Study by Balanovsky et al.[31] presents the most extensive survey of Y chromosomal variation in the Caucasus. Authors concluded that the Caucasus male lineages originated from a subset of the Near Eastern gene pool due to an Upper Paleolithic (or Neolithic) migration, followed by high levels of isolation, differentiation and genetic drift in situ. This process would result in the loss of some haplogroups and the increased frequency of others. Despite the fact that Ingushes and Chechens are nearest neighbors and had a shared ancestry for a long period, their languages and gene pools have been split ~2000 years ago, to what a linguistic history and age of a few specific haplotype clusters for Y chromosomal STRs in these populations testify.[31] Our results demonstrate that the del(GJB2-D13S175) allele was spread in Ingushes after they separated from Chechens. In accordance with our average age estimates, the beginning of the del(GJB2-D13S175) spread among Ingushes occurred 1000 years before the linguistic division of Ingushes took place or the Ingush-specific Y chromosome haplotype clusters were originated.
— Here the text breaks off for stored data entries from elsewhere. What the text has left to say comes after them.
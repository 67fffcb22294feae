-- ===== src/Tlv/Edit.antt =====
-- tlv.c: building, copying and comparing chains in memory.
use irssi_icq.Base.{
  ℕ, [], ◌∷◌, List, length, ◌≡◌, take, ◌++◌, sym, ap, append-nil, refl, if◌then◌else◌, All, ◌∙◌,
  ◌==◌, ◌↔◌, append_assoc, arith, ◌≤◌, not, inl, Bool-cases, ==_iff, bytes_eq, inr, suc,
  bytes_eq→eq, zero, bytes_eq_refl, ◌<◌, ◌^◌, ◌⊎◌, ◌%◌,
}
use irssi_icq.Bstream
use irssi_icq.Bstream.{Bstream}
use irssi_icq.Bstream.View.{IsValid, length-written, init-IsValid}
use irssi_icq.Word
use irssi_icq.Word.RoundTrip.{IsByte, length-put8, length-put16, length-put32}
use irssi_icq.Tlv.{
  Tlv, sizetlvchain, append_tlv, addtlvtochain_raw, addtlvtochain8, addtlvtochain16,
  addtlvtochain32, addtlvtochain_noval, copy_loop, tlvlist_copy, tlvlist_cmp, writetlvchain,
  addtlvtochain_frozentlvlist,
}
use irssi_icq.Tlv.Format.{IsChain, encode, length-encode}
use irssi_icq.Tlv.Write.{writetlvchain_lem}
use irssi_icq.Tlv.RoundTrip.{encode-injective}

append_tlv_lem : (l : List Tlv) (t : Tlv) → append_tlv l t ≡ l ++ (t ∷ [])
unfolding append_tlv
append_tlv_lem [] t = refl
append_tlv_lem (x ∷ l) t = ap (◌∷◌ x) (append_tlv_lem l t)

pub take_whole {ℓ} : {A : Type ℓ} (n : ℕ) (l : List A) → length l ≤ n → take n l ≡ l
take_whole zero [] h = refl
take_whole zero (x ∷ l) h = absurd (omega arith)
take_whole (suc n) [] h = refl
take_whole (suc n) (x ∷ l) h = ap (◌∷◌ x) (take_whole n l (omega arith))

stored_value : (n : ℕ) (v : List ℕ) → length v ≡ n → (if n == 0 then [] else take n v) ≡ v
stored_value n [] h = ground arith
stored_value n (x ∷ v) h = ground (arith, take_whole n (x ∷ v) (omega arith))

-- A value of the length it is added with goes behind the chain, whole.
pub addtlvtochain_raw_lem :
    (l : List Tlv) (t n : ℕ) (v : List ℕ)
    → length v ≡ n
    → addtlvtochain_raw l t n v ≡ (n, l ++ (record { type = t; len = n; value = v } ∷ []))
unfolding addtlvtochain_raw
addtlvtochain_raw_lem l t n v h = rw append_tlv_lem (
    ap (λ (x : List ℕ). (n, l ++ (record { type = t; len = n; value = x } ∷ [])))
      (stored_value n v h))

copy_loop_lem : (new l : List Tlv) → IsChain l → copy_loop new l ≡ new ++ l
copy_loop_lem new [] h = unfold copy_loop in sym (append-nil new)
copy_loop_lem new (t ∷ l) h =
    copied ∙ copy_loop_lem (new ++ (t ∷ [])) l h.1 ∙ append_assoc new (t ∷ []) l
  where
    copied : copy_loop new (t ∷ l) ≡ copy_loop (new ++ (t ∷ [])) l
    copied =
        unfold copy_loop in
        ap (λ p. copy_loop p.1 l) (addtlvtochain_raw_lem new t.type t.len t.value h.0.sized)

-- aim_tlvlist_copy gives an equal chain.
pub tlvlist_copy_lem : (l : List Tlv) → IsChain l → tlvlist_copy l ≡ l
unfolding tlvlist_copy
tlvlist_copy_lem l h = copy_loop_lem [] l h

-- Each of the adding functions puts one triple behind the chain and returns the length of its value:
-- one byte, two or four with the number in network byte order, or none.
pub addtlvtochain_lem :
    (l : List Tlv) (t v : ℕ)
    → (addtlvtochain8 l t v ≡ (1, l ++ (record { type = t; len = 1; value = Word.put8 v } ∷ [])))
      × (addtlvtochain16 l t v
          ≡ (2, l ++ (record { type = t; len = 2; value = Word.put16 v } ∷ [])))
      × (addtlvtochain32 l t v
          ≡ (4, l ++ (record { type = t; len = 4; value = Word.put32 v } ∷ [])))
      × (addtlvtochain_noval l t ≡ (0, l ++ (record { type = t; len = 0; value = [] } ∷ [])))
unfolding addtlvtochain8 addtlvtochain16 addtlvtochain32 addtlvtochain_noval
addtlvtochain_lem l t v = (
  addtlvtochain_raw_lem l t 1 _ (length-put8 v),
  addtlvtochain_raw_lem l t 2 _ (length-put16 v),
  addtlvtochain_raw_lem l t 4 _ (length-put32 v),
  addtlvtochain_raw_lem l t 0 _ refl,
)

-- What `malloc` gives, as a stream, once a chain was written to it.
filled :
    (buf : List ℕ) (l : List Tlv)
    → IsChain l
    → All IsByte buf
    → length buf ≡ sizetlvchain l
    → let bs = (writetlvchain (Bstream.init buf (sizetlvchain l)) l).1 in
      (bs.bytes ≡ encode l) × (bs.len ≡ sizetlvchain l) × (bs.offset ≡ sizetlvchain l)
unfolding Bstream.init Bstream.empty
filled buf l h hb e =
    let s = Bstream.init buf (sizetlvchain l) in
    let v : IsValid s = rw e at (init-IsValid buf hb) in
    elim (writetlvchain_lem s l v h) [
      | inl (_, _, a) ↦
          let s' = (writetlvchain s l).1 in
          let at_end : s'.offset ≡ sizetlvchain l =
            omega (arith, ap length a.written_is, length-encode l h, length-written s' a.valid) in
          let whole : take s'.offset s'.bytes ≡ s'.bytes =
            take_whole s'.offset s'.bytes (omega (arith, at_end, a.valid.sized, a.len_is)) in
          (sym whole ∙ a.written_is, a.len_is, at_end)
      | inr (short, _) ↦ absurd (omega (arith, short))
    ]

cmp_bytes :
    (buf1 buf2 : List ℕ) (l m : List Tlv)
    → IsChain l
    → IsChain m
    → All IsByte buf1
    → All IsByte buf2
    → length buf1 ≡ sizetlvchain l
    → length buf2 ≡ sizetlvchain m
    → sizetlvchain l ≡ sizetlvchain m
    → tlvlist_cmp buf1 buf2 l m ≡ (if not (bytes_eq (encode l) (encode m)) then 1 else 0)
unfolding tlvlist_cmp
cmp_bytes buf1 buf2 l m h k b1 b2 e1 e2 same =
    let (x1, n1, _) = filled buf1 l h b1 e1 in
    let (x2, _, _) = filled buf2 m k b2 e2 in
    rw ((==_iff (sizetlvchain l) (sizetlvchain m)).1 same, tlvlist_cmp)
      (rw
        (
          x1,
          n1,
          x2,
          take_whole (sizetlvchain l) (encode l) (omega (arith, length-encode l h)),
          take_whole (sizetlvchain l) (encode m) (omega (arith, length-encode m k, same)),
        )
        refl)

-- On well-formed chains aim_tlvlist_cmp returns 0 exactly when the chains are equal, whatever the
-- buffers that `malloc` returns hold.
pub tlvlist_cmp_iff :
    (buf1 buf2 : List ℕ) (l m : List Tlv)
    → IsChain l
    → IsChain m
    → All IsByte buf1
    → All IsByte buf2
    → length buf1 ≡ sizetlvchain l
    → length buf2 ≡ sizetlvchain m
    → (tlvlist_cmp buf1 buf2 l m ≡ 0) ↔ (l ≡ m)
unfolding tlvlist_cmp
tlvlist_cmp_iff buf1 buf2 l m h k b1 b2 e1 e2 = (
  λ zero_cmp. elim (Bool-cases (sizetlvchain l == sizetlvchain m)) [
    | inl same ↦
        let e = sym (cmp_bytes buf1 buf2 l m h k b1 b2 e1 e2 ((==_iff _ _).0 same)) ∙ zero_cmp in
        encode-injective l m h k (ground (arith, bytes_eq→eq (encode l) (encode m)))
    | inr other ↦ absurd (ground arith)
  ],
  λ e. cmp_bytes buf1 buf2 l m h k b1 b2 e1 e2 (ap sizetlvchain e) ∙ rw e (rw bytes_eq_refl refl),
)

-- aim_addtlvtochain_frozentlvlist puts one triple behind the chain whose value is the bytes of a
-- well-formed inner chain, if that chain is not empty and a 16-bit length can hold its size; for an
-- empty inner chain it returns 0 and changes nothing.
pub addtlvtochain_frozentlvlist_lem :
    (buf : List ℕ) (l : List Tlv) (type : ℕ) (tl : List Tlv)
    → IsChain tl
    → All IsByte buf
    → length buf ≡ sizetlvchain tl
    → sizetlvchain tl < 2 ^ 16
    → ((sizetlvchain tl ≡ 0) × (addtlvtochain_frozentlvlist buf l type tl ≡ (0, l)))
      ⊎ ((0 < sizetlvchain tl)
          × (addtlvtochain_frozentlvlist buf l type tl ≡ (
            sizetlvchain tl,
            l ++ (record { type = type; len = sizetlvchain tl; value = encode tl } ∷ []),
          )))
unfolding addtlvtochain_frozentlvlist Bstream.curpos
addtlvtochain_frozentlvlist_lem buf l type tl h hb e small =
    elim (Bool-cases (sizetlvchain tl == 0)) [
      | inl empty_chain ↦ rw empty_chain (inl ((==_iff _ 0).0 empty_chain, refl))
      | inr full ↦
          let (x, _, p) = filled buf tl h hb e in
          let fits : sizetlvchain tl % 2 ^ 16 ≡ sizetlvchain tl = omega arith in
          let added =
            addtlvtochain_raw_lem l type (sizetlvchain tl) (encode tl) (length-encode tl h) in
          inr (ground arith, rw (full, addtlvtochain_frozentlvlist) (rw (x, p, fits, added) refl))
    ]
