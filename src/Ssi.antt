-- ===== src/Ssi.antt =====
-- irssi-icq/src/protocols/oscar/ssi.c: the lists of server-stored items, the functions
-- aim_ssi_itemlist_* and those that read one item. An item carries its address, which stands for the
-- pointer to it; `list` is the items in the order of the `next` pointers, NULL the empty list, and a
-- name that is NULL is `none`. Group and buddy numbers are of the type fu16_t. `none` as the result
-- of aim_ssi_itemlist_add says that its search for a free number never ends.
pub mod Items
pub mod Deletion
pub mod Numbers
pub mod Sync
pub mod Edit
pub mod Ack
pub mod Wire
mod Examples
use irssi_icq.Base.{
  ℕ, zero, suc, ◌+◌, ◌%◌, ◌^◌, List, [], ◌∷◌, ◌++◌, Option, none, some, Bool, true, false, not,
  ◌&&◌, ◌||◌, ◌==◌, ltb, if◌then◌else◌, length, ◌>>=◌, take,
}
use irssi_icq.Word
use irssi_icq.Util.{sncmp}
use irssi_icq.Tlv.{Tlv, tlvlist_copy, tlvlist_cmp, addtlvtochain_raw, gettlv}

pub record Item : Type 0 where
  pub addr : ℕ
  pub name : Option (List ℕ)
  pub gid : ℕ
  pub bid : ℕ
  pub type : ℕ
  pub tlvs : List Tlv

abbrev pub buddy : ℕ
buddy = 0

abbrev pub group : ℕ
group = 1

abbrev pub permit : ℕ
permit = 2

abbrev pub deny : ℕ
deny = 3

abbrev pub pdinfo : ℕ
pdinfo = 4

abbrev pub presenceprefs : ℕ
presenceprefs = 5

abbrev pub iconinfo : ℕ
iconinfo = 0x0014

unfoldable pub itemlist_valid : List Item → ℕ → Bool
itemlist_valid [] item = false
itemlist_valid (cur ∷ rest) item = if cur.addr == item then true else itemlist_valid rest item

unfoldable pub itemlist_find : List Item → ℕ → ℕ → Option Item
itemlist_find [] gid bid = none
itemlist_find (cur ∷ rest) gid bid =
    if cur.gid == gid && cur.bid == bid then some cur else itemlist_find rest gid bid

-- `(cur->name) && !(aim_sncmp(cur->name, sn))`
unfoldable pub is_named : Item → List ℕ → Bool
is_named cur sn = elim cur.name [ none ↦ false | some name ↦ sncmp name sn == 0 ]

-- The loop over `curg`: is there a group of that number and name.
unfoldable pub has_group : List Item → ℕ → List ℕ → Bool
unfolding is_named
has_group [] gid gn = false
has_group (curg ∷ rest) gid gn =
    if curg.type == group && curg.gid == gid && is_named curg gn
    then true
    else has_group rest gid gn

-- The first item of which `test` holds.
unfoldable pub first : (Item → Bool) → List Item → Option Item
first test [] = none
first test (cur ∷ rest) = if test cur then some cur else first test rest

unfoldable pub finditem : List Item → Option (List ℕ) → Option (List ℕ) → ℕ → Option Item
unfolding first is_named has_group
finditem list (some gn) (some sn) type =
    first (λ cur. cur.type == type && is_named cur sn && has_group list cur.gid gn) list
finditem list (some gn) none type =
    first (λ cur. cur.type == type && cur.bid == 0 && is_named cur gn) list
finditem list none (some sn) type = first (λ cur. cur.type == type && is_named cur sn) list
finditem list none none type =
    first (λ cur. cur.type == type && elim cur.name [ none ↦ true | some name ↦ false ]) list

unfoldable pub itemlist_exists : List Item → List ℕ → Option Item
unfolding first is_named
itemlist_exists list sn = first (λ cur. cur.type == buddy && is_named cur sn) list

unfoldable pub findparentname : List Item → List ℕ → Option (List ℕ)
unfolding itemlist_exists itemlist_find
findparentname list sn = do
  cur ← itemlist_exists list sn
  curg ← itemlist_find list cur.gid 0
  curg.name

-- The inner loops of aim_ssi_itemlist_add: is the number taken.
unfoldable pub gid_taken : List Item → ℕ → Bool
gid_taken [] gid = false
gid_taken (cur ∷ rest) gid =
    if cur.type == group && cur.gid == gid then true else gid_taken rest gid

unfoldable pub bid_taken : List Item → ℕ → ℕ → Bool
bid_taken [] gid bid = false
bid_taken (cur ∷ rest) gid bid =
    if cur.bid == bid && cur.gid == gid then true else bid_taken rest gid bid

-- The `do` loops: from `id` on, the first number that is not taken.
unfoldable pub free_loop : ℕ → (ℕ → Bool) → ℕ → Option ℕ
free_loop zero taken id = none
free_loop (suc fuel) taken id = elim (taken id) [
  | true ↦ free_loop fuel taken ((id + 1) % 2 ^ 16)
  | false ↦ some id
]

-- The numbers of the new item. One round more than there are items is enough where these are fewer
-- than the numbers.
unfoldable pub pick_gid : List Item → Option (List ℕ) → ℕ → ℕ → Option ℕ
unfolding free_loop gid_taken
pick_gid list none gid type = some gid
pick_gid list (some name) gid type =
    if type == group && gid == 0xffff
    then free_loop (length list + 1) (gid_taken list) ((gid + 1) % 2 ^ 16)
    else some gid

unfoldable pub pick_bid : List Item → ℕ → ℕ → ℕ → Option ℕ
unfolding free_loop bid_taken
pick_bid list gid bid type =
    if not (type == group) && bid == 0xffff
    then free_loop (length list + 1) (bid_taken list gid) ((bid + 1) % 2 ^ 16)
    else some bid

-- `a` stands before `b` in the numerical order of the lists.
unfoldable pub precedes : Item → Item → Bool
precedes a b = ltb a.gid b.gid || (a.gid == b.gid && ltb a.bid b.bid)

-- The `for` loop: past all items that precede the new one.
unfoldable pub insert_after : Item → List Item → List Item
unfolding precedes
insert_after new [] = new ∷ []
insert_after new (cur ∷ rest) =
    if precedes cur new then cur ∷ insert_after new rest else new ∷ cur ∷ rest

unfoldable pub insert : Item → List Item → List Item
unfolding insert_after precedes
insert new [] = new ∷ []
insert new (cur ∷ rest) = if precedes new cur then new ∷ cur ∷ rest else cur ∷ insert_after new rest

-- The new item and the list that holds it. `addr` is what `malloc` returns.
unfoldable pub itemlist_add :
    ℕ → List Item → Option (List ℕ) → ℕ → ℕ → ℕ → List Tlv → Option (Item × List Item)
unfolding pick_gid pick_bid insert tlvlist_copy
itemlist_add addr list name gid bid type chain = do
  new_gid ← pick_gid list name gid type
  new_bid ← pick_bid list new_gid bid type
  let new : Item = record {
    addr = addr;
    name = name;
    gid = new_gid;
    bid = new_bid;
    type = type;
    tlvs = tlvlist_copy chain;
  }
  some (new, insert new list)

-- The item of that address is taken out.
unfoldable pub itemlist_del : List Item → ℕ → List Item
itemlist_del [] del = []
itemlist_del (cur ∷ rest) del = if cur.addr == del then rest else cur ∷ itemlist_del rest del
It should be noted that at present over 25% of Ingushes live outside Russian Federation, mainly in Turkey, Syria, Jordan, Lebanon and Kazakhstan.[32] The first mass migration of Ingushes and other North Caucasian ethnic groups to Ottoman Empire was happening during the second half of the nineteenth century after Caucasian War. During World War II, the whole of the Ingush and Chechen populations of the North Caucasus was temporarily deported to Kazakhstan and Central Asia, where they have partly remained and live to this day.[33] Thus, the Ingush deletion can even quite possibly be found in countries mentioned above. It is possible also that the deletion has been already present among Ingush ancestors, for example, among Neolithic/Bronze age migrants from the Near East, before the Ingush people were isolated. Therefore, to establish whether the deletion is unique for the Ingushes, additional researches are necessary. It is important both for clinical genetics and for the Caucasus history study.